Source: Section 3(c)(7) of the Investment Company Act of 1940.



 

What is a "qualified purchaser" for purposes of Section 3(c)(7)?

In general, the definition of "qualified purchaser" includes:

  • "any natural person ... who owns not less than $5,000,000 in investments, as defined by the Commission";
  • "any company that owns not less than $5,000,000 in investments and that is owned directly or indirectly by or for 2 or more natural persons who are related as siblings or spouse (including former spouses), or direct lineal descendants by birth or adoption, spouses of such persons, the estates of such persons, or foundations, charitable organizations, or trusts established by or for the benefit of such persons";
  • "any trust that is not covered by [the preceding clause] and that was not formed for the specific purpose of acquiring the securities offered, as to which the trustee or other person authorized to make decisions with respect to the trust, and each settlor or other person who has contributed assets to the trust, is a person described in [the two preceding clauses or the following clause]"; or
  • "any person, acting for its own account or the accounts of other qualified purchasers, who in the aggregate owns and invests on a discretionary basis, not less than $25,000,000 in investments."
Source: Section 2(a)(51) of the Investment Company Act of 1940. See also Rules 2a51-1, which sets forth the definition of investments for purposes of Section 2(a)(51), 2a51-2, and 2a51-3.



 

What are the requirements for the availability of the exception from the definition of "investment company" set forth in Section 3(c)(5)?

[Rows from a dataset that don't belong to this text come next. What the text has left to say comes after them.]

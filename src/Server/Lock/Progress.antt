-- ===== src/Server/Lock/Progress.antt =====
-- Who can go on.
use sis_op_ii.Common.{
  ℕ, ◌+◌, ◌-◌, true, ◌<◌, ◌≡◌, ◌≢◌, refl, ap, ◌∙◌, ◌⊎◌, inl, inr, some, arith, get_elem?,
}
use sis_op_ii.Server.Lock.{
  Lock, reader_lock, writer_enter, Phase, System, total, sleeping_writer, Reaches,
}
use sis_op_ii.Server.Lock.Count.{
  reads, writes, sleeping_reader, awake_writer, total-one, total-found,
}
use sis_op_ii.Server.Lock.Moves.{bit, IsSafe, Reaches-IsSafe}

-- A thread is inside and can leave, or is notified and finds the lock open.
abbrev pub GoesOn : System → ℕ → Type 0
GoesOn s i =
    (get_elem? s.threads i ≡ some Phase.reading)
    ⊎ (get_elem? s.threads i ≡ some Phase.writing)
    ⊎ ((get_elem? s.threads i ≡ some Phase.reader_awake)
        × (l : Lock) × (reader_lock s.lock ≡ some l))
    ⊎ ((get_elem? s.threads i ≡ some Phase.writer_awake)
        × (l : Lock) × (writer_enter s.lock ≡ some l))

reads-counted : (a : Phase) → 0 < reads a → a ≡ Phase.reading
reads-counted Phase.reading h = refl
reads-counted Phase.outside h = absurd (omega arith)
reads-counted Phase.reader_asleep h = absurd (omega arith)
reads-counted Phase.reader_awake h = absurd (omega arith)
reads-counted Phase.writer_asleep h = absurd (omega arith)
reads-counted Phase.writer_awake h = absurd (omega arith)
reads-counted Phase.writing h = absurd (omega arith)

writes-counted : (a : Phase) → 0 < writes a → a ≡ Phase.writing
writes-counted Phase.writing h = refl
writes-counted Phase.outside h = absurd (omega arith)
writes-counted Phase.reader_asleep h = absurd (omega arith)
writes-counted Phase.reader_awake h = absurd (omega arith)
writes-counted Phase.writer_asleep h = absurd (omega arith)
writes-counted Phase.writer_awake h = absurd (omega arith)
writes-counted Phase.reading h = absurd (omega arith)

awake_writer-counted : (a : Phase) → 0 < awake_writer a → a ≡ Phase.writer_awake
awake_writer-counted Phase.writer_awake h = refl
awake_writer-counted Phase.outside h = absurd (omega arith)
awake_writer-counted Phase.reader_asleep h = absurd (omega arith)
awake_writer-counted Phase.reader_awake h = absurd (omega arith)
awake_writer-counted Phase.writer_asleep h = absurd (omega arith)
awake_writer-counted Phase.writing h = absurd (omega arith)
awake_writer-counted Phase.reading h = absurd (omega arith)

writer_enter-open :
    (l : Lock)
    → l.readers_count ≡ 0
    → bit l.writer_active ≡ 0
    → (l' : Lock) × (writer_enter l ≡ some l')
unfolding writer_enter
writer_enter-open l e idle =
    (record l { writers_waiting = l.writers_waiting - 1; writer_active = true }, ground arith)

reader_lock-open :
    (l : Lock)
    → l.writers_waiting ≡ 0
    → bit l.writer_active ≡ 0
    → (l' : Lock) × (reader_lock l ≡ some l')
unfolding reader_lock
reader_lock-open l e idle = (record l { readers_count = l.readers_count + 1 }, ground arith)

zero_or_more : (n : ℕ) → (n ≡ 0) ⊎ (0 < n)
zero_or_more n = ground arith

module _ (s : System) (h : IsSafe s.lock s.threads) where
  reader_inside : 0 < total reads s.threads → (i : ℕ) × GoesOn s i
  reader_inside some_reader =
      let (i, a, at, counted) = total-found reads s.threads some_reader in
      (i, inl (at ∙ ap some (reads-counted a counted)))

  writer_inside : 0 < total writes s.threads → (i : ℕ) × GoesOn s i
  writer_inside some_writer =
      let (i, a, at, counted) = total-found writes s.threads some_writer in
      (i, inr (inl (at ∙ ap some (writes-counted a counted))))

  writer_next :
      total reads s.threads ≡ 0
      → total writes s.threads ≡ 0
      → 0 < total awake_writer s.threads
      → (i : ℕ) × GoesOn s i
  writer_next no_reader no_writer some_awake =
      let (i, a, at, counted) = total-found awake_writer s.threads some_awake in
      let (l, enters) = writer_enter-open s.lock (h.readers ∙ no_reader) (h.active ∙ no_writer) in
      (i, inr (inr (inr (at ∙ ap some (awake_writer-counted a counted), l, enters))))

  nobody_called :
      total reads s.threads ≡ 0
      → total writes s.threads ≡ 0
      → total awake_writer s.threads ≡ 0
      → (j : ℕ) (someone : Phase) → get_elem? s.threads j ≡ some someone
      → someone ≢ Phase.outside
      → (i : ℕ) × GoesOn s i
  nobody_called no_reader no_writer none_awake j Phase.outside at ne = absurd (ne refl)
  nobody_called no_reader no_writer none_awake j Phase.reader_awake at ne =
      let (l, enters) =
        reader_lock-open s.lock
          (ground (arith, h.waiting, h.writers_called, no_reader, no_writer, none_awake))
          (h.active ∙ no_writer) in
      (j, inr (inr (inl (at, l, enters))))
  nobody_called no_reader no_writer none_awake j Phase.reader_asleep at ne = absurd (
      ground (
        arith,
        h.readers_called,
        h.writers_called,
        no_reader,
        no_writer,
        none_awake,
        total-one sleeping_reader j Phase.reader_asleep s.threads at,
      ))
  nobody_called no_reader no_writer none_awake j Phase.reading at ne =
      absurd (omega (arith, no_reader, total-one reads j Phase.reading s.threads at))
  nobody_called no_reader no_writer none_awake j Phase.writing at ne =
      absurd (omega (arith, no_writer, total-one writes j Phase.writing s.threads at))
  nobody_called no_reader no_writer none_awake j Phase.writer_awake at ne =
      absurd (omega (arith, none_awake, total-one awake_writer j Phase.writer_awake s.threads at))
  nobody_called no_reader no_writer none_awake j Phase.writer_asleep at ne = absurd (
      ground (
        arith,
        h.writers_called,
        no_reader,
        no_writer,
        none_awake,
        total-one sleeping_writer j Phase.writer_asleep s.threads at,
      ))

-- In every state that any number of threads reaches from the unused lock, with wake-ups by
-- notify_one and notify_all and with spurious ones: if some thread is at the lock or inside it,
-- then some thread is inside and can leave, or is awake in writer_lock or reader_lock with its
-- condition true.
pub Reaches-GoesOn :
    (n : ℕ) (s : System) (j : ℕ) (someone : Phase)
    → Reaches n s
    → get_elem? s.threads j ≡ some someone
    → someone ≢ Phase.outside
    → (i : ℕ) × GoesOn s i
Reaches-GoesOn n s j someone reached at ne =
    let h = Reaches-IsSafe n s reached in
    elim (zero_or_more (total reads s.threads)) [
      | inr reader ↦ reader_inside s h reader
      | inl no_reader ↦ elim (zero_or_more (total writes s.threads)) [
        | inr writer ↦ writer_inside s h writer
        | inl no_writer ↦ elim (zero_or_more (total awake_writer s.threads)) [
          | inr awake ↦ writer_next s h no_reader no_writer awake
          | inl none_awake ↦ nobody_called s h no_reader no_writer none_awake j someone at ne
        ]
      ]
    ]
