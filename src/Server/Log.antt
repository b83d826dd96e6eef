-- ===== src/Server/Log.antt =====
-- What the server prints: ServerInterface::run and its messages (T1/server/serverInterface.cpp), and
-- the getters that it uses (T1/server/Server.cpp). The time of day in front of a line is left out.
use sis_op_ii.Common.{
  ℕ, ◌≡◌, refl, ◌≢◌, inl, inr, false, Option, none, some, List, [], ◌∷◌, Text, if◌then◌else◌, map,
  replicate, get_last?, get_last?-snoc, ◌>>=◌, take,
}
use sis_op_ii.Common.Int.{ℤ, pos}
use sis_op_ii.Protocol.{LogType, LogInfo, status-cases, TransactionStatus, Transaction, ClientDto}
use sis_op_ii.Protocol.CharArray.{c_string, up_to_zero, c_string-copy_ip}
use sis_op_ii.Platform.{Platform}
use sis_op_ii.Server.State.{Server, notify}
use sis_op_ii.Server.Clients.Lookup.{Found, find_client-cases}
use sis_op_ii.Server.Transactions.{
  Outcome, should_notify, check_request, handle_transaction_logic, setup_duplicate_request_log,
  update_and_log_transaction, process_transaction,
}
use sis_op_ii.Server.Transactions.Settle.{
  refused, handle_transaction_logic-no_source, handle_transaction_logic-no_dest,
  handle_transaction_logic-refused,
}
use sis_op_ii.Server.Transactions.Process.{
  entry_of, server_after, process_transaction-failed, process_transaction-success,
}
use sis_op_ii.Server.Transactions.Contract.{is_success_ne}

-- `num transactions`, `total transferred` and `total balance`.
pub record Totals : Type 0 where
  pub num_transactions : ℤ
  pub total_transferred : ℤ
  pub total_balance : ℤ

-- A line of logInitialMessage, logRequisitionMessage (`client`, `id req`, `dest`, `value`) or
-- logDuplicatedMessage. An entry's addresses are the arrays' characters up to the first zero.
pub data Line : Type 0 where
  initial : Totals → Line
  requisition : Text → ℤ → Text → ℤ → Totals → Line
  duplicated : Text → ℤ → Text → ℤ → Totals → Line

-- `Transaction{}`.
abbrev pub zero_transaction : Transaction
zero_transaction = record {
  id = pos 0;
  source_ip = replicate 16 0;
  dest_ip = replicate 16 0;
  value = pos 0;
  client_seqn = pos 0;
}

abbrev pub last_or_zero : Option Transaction → Transaction
last_or_zero none = zero_transaction
last_or_zero (some t) = t

module _ {W : Type 0} where
  -- getNumTransactions, getTotalTransferred and getTotalBalance.
  abbrev pub totals : Server W → Totals
  totals s = record {
    num_transactions = s.num_transactions;
    total_transferred = s.total_transferred;
    total_balance = s.total_balance;
  }

  unfoldable pub get_last_transaction : Server W → Transaction
  get_last_transaction s = last_or_zero (get_last? s.transaction_history)

  -- The table of printClients, without its headings and column widths.
  abbrev row : ClientDto W → Text × ℤ × W
  row c = (c.address, c.last_req, c.balance)

  unfoldable pub print_clients : Server W → List (Text × ℤ × W)
  print_clients s = map row s.clients

  unfoldable pub initial_message : Server W → Line
  initial_message s = Line.initial (totals s)

  -- logRequisitionMessage; an address without an end is read past its array.
  unfoldable pub requisition_message : Server W → Transaction → Option Line
  unfolding c_string
  requisition_message s transaction = do
    source_ip ← c_string transaction.source_ip
    dest_ip ← c_string transaction.dest_ip
    some (Line.requisition source_ip transaction.client_seqn dest_ip transaction.value (totals s))

  unfoldable pub duplicated_message : Server W → LogInfo → Line
  duplicated_message s info =
      Line.duplicated info.source_ip info.transaction_id info.dest_ip info.value (totals s)

  -- The messages for the type of the last log entry; `none` is undefined behaviour.
  abbrev pub message : LogType → Server W → Option (List Line)
  message LogType.success s =
      requisition_message s (get_last_transaction s) >>= λ line. some (line ∷ [])
  message LogType.duplicate s = some (duplicated_message s s.last_log_info ∷ [])
  message LogType.nothing s = some []

  -- One round of the loop of `run`; without a change it waits, and prints nothing.
  unfoldable pub run_round : Server W → Option (Server W × List Line)
  unfolding get_last_transaction requisition_message duplicated_message
  run_round s =
      if s.data_changed
      then (message s.last_log_info.type s >>= λ printed.
          some (record s { data_changed = false }, printed))
      else some (s, [])

module _ {W : Type 0} ⦃p : Platform W⦄ where
  -- The lines of a round of the interface.
  abbrev pub Writes : Server W → List Line → Type 0
  Writes s' printed = run_round s' ≡ some (record s' { data_changed = false }, printed)

  -- What the interface prints about a request. The addresses of a request that was carried out are
  -- printed from its entry, which holds 15 characters at most.
  abbrev pub Printed : TransactionStatus → Server W → Text → Text → ℤ → ℤ → Server W → Type 0
  Printed TransactionStatus.success s src dst value seqn s' = Writes s' (
      Line.requisition (take 15 (up_to_zero src)) seqn (take 15 (up_to_zero dst)) value (totals s')
      ∷ [])
  Printed TransactionStatus.error_duplicate_request s src dst value seqn s' =
      Writes s' (Line.duplicated src seqn dst value (totals s) ∷ [])
  Printed TransactionStatus.error_out_of_sequence s src dst value seqn s' =
      Writes s' (Line.duplicated src seqn dst value (totals s) ∷ [])
  Printed _ s src dst value seqn s' = s' ≡ s

  module _ (s : Server W) (src : Text) (addr : ℕ) (value seqn : ℤ) where
    abbrev pub Prints : Option (Outcome W) → Type 0
    Prints r =
        (o : Outcome W) × (r ≡ some o)
        × Printed o.status s src (p.inet_ntop addr) value seqn o.server

    failed :
        (s' : Server W) (status : TransactionStatus) (balance : W)
        → handle_transaction_logic s src (p.inet_ntop addr) value seqn ≡ some (s', status, balance)
        → status ≢ TransactionStatus.success
        → Printed status s src
            (p.inet_ntop addr)
            value
            seqn
            (if should_notify status then notify s' else s')
        → Prints (process_transaction s src addr value seqn)
    failed s' status balance e ne printed = (
      _,
      process_transaction-failed s src addr value seqn s' status balance e
          (is_success_ne status ne),
      printed,
    )

    refused-Printed :
        (status : TransactionStatus)
        → status ≢ TransactionStatus.success
        → Printed status s src (p.inet_ntop addr) value seqn (
            if should_notify status
            then notify (refused s src (p.inet_ntop addr) value seqn status)
            else refused s src (p.inet_ntop addr) value seqn status)
    unfolding refused run_round duplicated_message setup_duplicate_request_log
    refused-Printed TransactionStatus.success ne = absurd (ne refl)
    refused-Printed _ ne = refl

    granted-Printed :
        (i j : ℕ) (c d : ClientDto W) (from : Found src s.clients i c)
        (onto : Found (p.inet_ntop addr) s.clients j d)
        → Printed TransactionStatus.success s src
            (p.inet_ntop addr)
            value
            seqn
            (notify (server_after s src addr value seqn i j c d from onto))
    unfolding run_round server_after get_last_transaction update_and_log_transaction
        requisition_message
    granted-Printed i j c d from onto = rw (
      get_last?-snoc s.transaction_history (entry_of s src (p.inet_ntop addr) value seqn),
      c_string-copy_ip src,
      c_string-copy_ip (p.inet_ntop addr),
    )

    -- processTransaction returns, and the next round of the interface's loop prints one line about
    -- it without a fault: after a success the first 15 characters of each of the two addresses, up
    -- to a zero, the sequence number of the request, its value and the new totals; after
    -- ERROR_DUPLICATE_REQUEST and ERROR_OUT_OF_SEQUENCE the request's addresses, sequence number
    -- and value as a duplicate, and the old totals. After any other status the server is as it was
    -- before, so that the request prints nothing.
    pub process_transaction-Prints : Prints (process_transaction s src addr value seqn)
    process_transaction-Prints = elim (find_client-cases src s.clients) [
      | inl (e, l) ↦
          failed s _ _ (handle_transaction_logic-no_source s src (p.inet_ntop addr) value seqn e)
            (λ h. cc) refl
      | inr (i, c, from) ↦ elim (find_client-cases (p.inet_ntop addr) s.clients) [
        | inl (e, l) ↦
            failed s _ _
              (handle_transaction_logic-no_dest s src (p.inet_ntop addr) value seqn i c from e)
              (λ h. cc) refl
        | inr (j, d, onto) ↦ elim (status-cases (check_request c value seqn)) [
          | inl ok ↦ (
            _,
            process_transaction-success s src addr value seqn i j c d from onto ok,
            granted-Printed i j c d from onto,
          )
          | inr ne ↦
              failed _ _ _
                (handle_transaction_logic-refused s src (p.inet_ntop addr) value seqn i j c d from
                  onto _ refl ne)
                ne (refused-Printed (check_request c value seqn) ne)
        ]
      ]
    ]
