-- ===== src/Server/Negative.antt =====
-- A request with a negative amount.
use sis_op_ii.Common.{
  ℕ, suc, ◌+◌, ◌<◌, ◌≡◌, ap, ◌∙◌, false, some, Text, same, same_refl, same_comm, arith,
}
use sis_op_ii.Common.Int.{ℤ, pos, negsuc, ◌+ℤ◌, ◌-ℤ◌, +ℤ_parts, -ℤ_parts}
use sis_op_ii.Common.Word.{IsInt, add_int-IsInt}
use sis_op_ii.Protocol.{TransactionStatus, ClientDto}
use sis_op_ii.Platform.{Platform, FloatLaws, exact_limit}
use sis_op_ii.Server.State.{Server}
use sis_op_ii.Server.Clients.{set_last_request}
use sis_op_ii.Server.Clients.Lookup.{lookup}
use sis_op_ii.Server.Transactions.{Outcome, check_request, process_transaction}
use sis_op_ii.Server.Transactions.Settle.{transferred, credit, debit}
use sis_op_ii.Server.Transactions.Bank.{Bank, bank_of, bank_after, verdict}
use sis_op_ii.Server.Transactions.Contract.{process_transaction-Answers}

module _ {W : Type 0} ⦃p : Platform W⦄ where
  -- A balance at an address.
  abbrev pub Balance : Server W → Text → ℤ → Type 0
  Balance s ip z = (c : ClientDto W) × (lookup ip s.clients ≡ some c) × (c.balance ≡ p.of_int z)

  check_request-negative :
      (laws : FloatLaws W) (c : ClientDto W) (x n : ℕ)
      → c.balance ≡ p.of_int (pos x)
      → x + suc n < exact_limit
      → IsInt (c.last_req +ℤ pos 1)
      → check_request c (negsuc n) (c.last_req +ℤ pos 1) ≡ TransactionStatus.success
  unfolding check_request
  check_request-negative laws c x n held small next =
      rw
        (
          add_int-IsInt c.last_req (pos 1) next,
          held,
          laws.lt-of_int (pos x) (negsuc n) (record { above = omega arith; below = omega arith })
              (record { above = omega arith; below = omega arith }),
        )
        (ground (arith, +ℤ_parts c.last_req (pos 1)))

  module _ (laws : FloatLaws W) (s : Server W) (src : Text) (addr x y n : ℕ)
      (c d : ClientDto W) where
    -- Two different clients hold whole balances, and the first one sends a request to the second
    -- one with its next sequence number, which is in the range of `int`, and a negative amount. If
    -- its balance less the amount, the other's balance and the amount's size stay within 2 ^ 24,
    -- on a platform whose floats are exact up to there, processTransaction returns SUCCESS: the
    -- first client's balance grows by the size of the amount and the second one's falls by it,
    -- below zero where the amount is larger.
    pub process_transaction-negative :
        lookup src s.clients ≡ some c
        → lookup (p.inet_ntop addr) s.clients ≡ some d
        → same src (p.inet_ntop addr) ≡ false
        → c.balance ≡ p.of_int (pos x)
        → d.balance ≡ p.of_int (pos y)
        → x + suc n < exact_limit
        → y < exact_limit
        → n < exact_limit
        → IsInt (c.last_req +ℤ pos 1)
        → (o : Outcome W) × (process_transaction s src addr (negsuc n) (c.last_req +ℤ pos 1)
            ≡ some o)
          × (o.status ≡ TransactionStatus.success)
          × Balance o.server src (pos x -ℤ negsuc n)
          × Balance o.server (p.inet_ntop addr) (pos y +ℤ negsuc n)
    process_transaction-negative at_src at_dst other rich poor small_x small_y small_n next =
        let dst = p.inet_ntop addr in
        let seqn = c.last_req +ℤ pos 1 in
        let (o, answered, truth) = process_transaction-Answers s src addr (negsuc n) seqn in
        let granted : verdict (bank_of s) src dst (negsuc n) seqn ≡ TransactionStatus.success =
          rw (at_src, at_dst) (check_request-negative laws c x n rich small_x next) in
        let books : (ip : Text)
            → lookup ip o.server.clients ≡ transferred src dst (negsuc n) seqn (bank_of s).book ip =
          λ ip.
            ap (λ (b : Bank W). b.book ip) truth.accounts
            ∙ ap (λ st. (bank_after st (bank_of s) src dst (negsuc n) seqn).book ip) granted in
        (
          o,
          answered,
          truth.judged ∙ granted,
          (
            set_last_request seqn (debit (negsuc n) c),
            books src ∙ rw (same_refl src, same_comm dst src ∙ other, at_src),
            ap (λ w. p.sub w (p.of_int (negsuc n))) rich
                ∙ laws.sub-of_int (pos x) (negsuc n)
                    (record { above = omega arith; below = omega arith })
                    (record { above = omega arith; below = omega arith })
                    (record {
                      above = omega (arith, -ℤ_parts (pos x) (negsuc n));
                      below = omega (arith, -ℤ_parts (pos x) (negsuc n));
                    }),
          ),
          (
            credit (negsuc n) d,
            books dst ∙ rw (same_refl dst, other, at_dst),
            ap (λ w. p.add w (p.of_int (negsuc n))) poor
                ∙ laws.add-of_int (pos y) (negsuc n)
                    (record { above = omega arith; below = omega arith })
                    (record { above = omega arith; below = omega arith })
                    (record {
                      above = omega (arith, +ℤ_parts (pos y) (negsuc n));
                      below = omega (arith, +ℤ_parts (pos y) (negsuc n));
                    }),
          ),
        )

In general, Section 3(c)(5) of the Investment Company Act of 1940 provides an exception from the definition of "investment company" to "[a]ny person who is not engaged in the business of issuing redeemable securities ... and who is primarily engaged in one or more of the following businesses":

  • "[p]urchasing or otherwise acquiring notes, drafts, acceptances, open accounts receivable, and other obligations representing part or all of the sales price of merchandise, insurance, and services";
  • "making loans to manufacturers, wholesalers, and retailers of, and to prospective purchasers of, specified merchandise, insurance, and services"; and
  • "purchasing or otherwise acquiring mortgages and other liens on and interests in real estate."
Historically, prior to the adoption of Rule 3a-7, issuers of ABS backed by automobile loans, trade receivables, and credit card receivables (although the portions of credit card receivables representing cash advances were problematic) relied on the first two sub-paragraphs above, while issuers of ABS backed by mortgages relied on the latter sub-paragraph.

Sources: Section 3(c)(5) of the Investment Company Act of 1940 and Protecting Investors: A Half Century of Investment Company Regulation, Division of Investment Management, United States Securities and Exchange Commission, May 1992.

 

What are the requirements for the availability of the exception from the definition of "investment company" set forth in Section 3(c)(1)?

In general, Section 3(c)(1) of the Investment Company Act of 1940 provides an exception from the definition of "investment company" to "[a]ny issuer whose outstanding securities (other than short-term paper) are beneficially owned by not more than one hundred [U.S.] persons and which is not making and does not presently propose to make a public offering of its securities."

Certain attribution rules, which are set forth in the text of Section 3(c)(1) and in Rule 3c-1, must be considered when calculating the total number of beneficial owners. The Section 3(c)(1) exception is commonly known as the "private investment company" exception.